WHAT THE EXERCISE ASKS
Using the data beneath, show every line that includes the word "empty".

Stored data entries
((
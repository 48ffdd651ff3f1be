-- ===== src/Views/Details.antt =====
-- The details of a job and its timeline (web/src/components/JobDetails.jsx, web/src/components/JobTimeline.jsx,
-- web/src/components/StatusBadge.jsx).
pub mod Privacy
use job_flow_web_application.Prelude.{
  List, [], ◌∷◌, ◌++◌, Bool, true, false, Option, none, some, if◌then◌else◌,
}
use job_flow_web_application.Prelude.Text.{Text, txt, ◌==◌, or_else}
use job_flow_web_application.Model.{Job}
use job_flow_web_application.Format.{job_display_name, queue_display_name, payload_display_value}
use job_flow_web_application.Timeline.{TimelineStep, steps, has_failed}
use job_flow_web_application.Analytics.{given}
use job_flow_web_application.Markup.{
  section, div, h3, p, strong, span, small, dl, dt, dd, pre, icon, key, size, class_name, Markup,
  el, empty, each, text, class, words, glyph, child, children,
}
use job_flow_web_application.Views.{Locale}

unfoldable pub status_badge : {A : Type 0} → Text → Markup A
status_badge status = el span (class_name (txt "status " ++ status) ∷ []) (text status ∷ [])

-- The icon of a step of the timeline.
unfoldable pub step_icon : Job → TimelineStep → Text
step_icon job step =
    if step.key == txt "created"
    then txt "Clock"
    else if step.key == txt "started"
    then txt "Play"
    else if step.key == txt "retry"
    then txt "RotateCcw"
    else if has_failed job
    then txt "XCircle"
    else txt "CheckCircle2"

-- A time that is there, or what stands for it.
abbrev time_or : (Text → Text) → Option Text → Text → Text
time_or shown none missing = missing
time_or shown (some time) missing = shown time

-- `job.error_message || "None"`
abbrev text_or : Option Text → Text → Text
text_or none missing = missing
text_or (some s) missing = or_else s missing

module _ (locale : Locale) where
  unfoldable pub duration : Job → Text
  duration job = elim (given job.started_at) [
    | none ↦ txt "Pending"
    | some started ↦ elim (given job.completed_at) [
      | none ↦ txt "Pending"
      | some completed ↦ locale.seconds_text started completed ++ txt "s"
    ]
  ]

module _ (locale : Locale) {A : Type 0} where
  unfoldable pub timeline_step : Job → TimelineStep → Markup A
  unfolding step_icon
  timeline_step job step =
      el div
        (class_name (txt "timeline-step " ++ (if step.done then txt "done" else txt ""))
          ∷ key step.key
          ∷ [])
        (el span [] (el (icon (step_icon job step)) (size 15 ∷ []) [] ∷ [])
          ∷ el div [] (
              el strong [] (text step.label ∷ [])
              ∷ el small [] (text (time_or locale.date_time (given step.time) (txt "Waiting")) ∷ [])
              ∷ [])
          ∷ [])

  unfoldable pub job_timeline : Option Job → Markup A
  job_timeline none = empty
  job_timeline (some job) =
      el div (class "timeline" ∷ []) (each (timeline_step job) (steps (some job)) ∷ [])

  abbrev row_of : Text → List (Markup A) → Markup A
  row_of name shown = children (el dt [] (text name ∷ []) ∷ el dd [] shown ∷ [])

  unfoldable pub job_details : Option Job → Markup A
  unfolding duration status_badge
  job_details none =
      el section (class "panel detail-panel" ∷ [])
        (el p (class "empty" ∷ []) (words "No jobs yet." ∷ []) ∷ [])
  job_details (some job) =
      let job_name : Markup A = child locale.int_text (job_display_name (some job)) in
      el section (class "panel detail-panel" ∷ []) (
        el div (class "panel-title split" ∷ [])
          (el div [] (el h3 [] (words "Job Details" ∷ []) ∷ el span [] (job_name ∷ []) ∷ []) ∷ [])
        ∷ el div (class "detail-summary" ∷ []) (
            el div [] (glyph "Square" 16 [] ∷ status_badge job.status ∷ [])
            ∷ el div []
                (glyph "CalendarClock" 16 [] ∷ el span [] (text (duration locale job) ∷ []) ∷ [])
            ∷ [])
        ∷ el dl [] (
            row_of (txt "Name") (job_name ∷ [])
            ∷ row_of (txt "Queue") (text (queue_display_name job.queue) ∷ [])
            ∷ row_of (txt "Priority") (text (locale.int_text job.priority) ∷ [])
            ∷ row_of (txt "Attempts") (
                text (locale.int_text job.attempts)
                ∷ words " / "
                ∷ text (locale.int_text job.max_attempts)
                ∷ [])
            ∷ row_of (txt "Created") (text (locale.date_time job.created_at) ∷ [])
            ∷ row_of (txt "Started")
                (text (time_or locale.date_time (given job.started_at) (txt "Not started")) ∷ [])
            ∷ row_of (txt "Completed") (
                text (time_or locale.date_time (given job.completed_at) (txt "Not completed")) ∷ [])
            ∷ row_of (txt "Error") (text (text_or job.error_message (txt "None")) ∷ [])
            ∷ [])
        ∷ job_timeline (some job)
        ∷ el pre (class "payload" ∷ [])
            (text (locale.json_text (payload_display_value job.payload)) ∷ [])
        ∷ [])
))
WRITTEN SOLUTION
  el, empty, each, text, class, words, glyph, child, children,
  job_timeline none = empty
        (el p (class "empty" ∷ []) (words "No jobs yet." ∷ []) ∷ [])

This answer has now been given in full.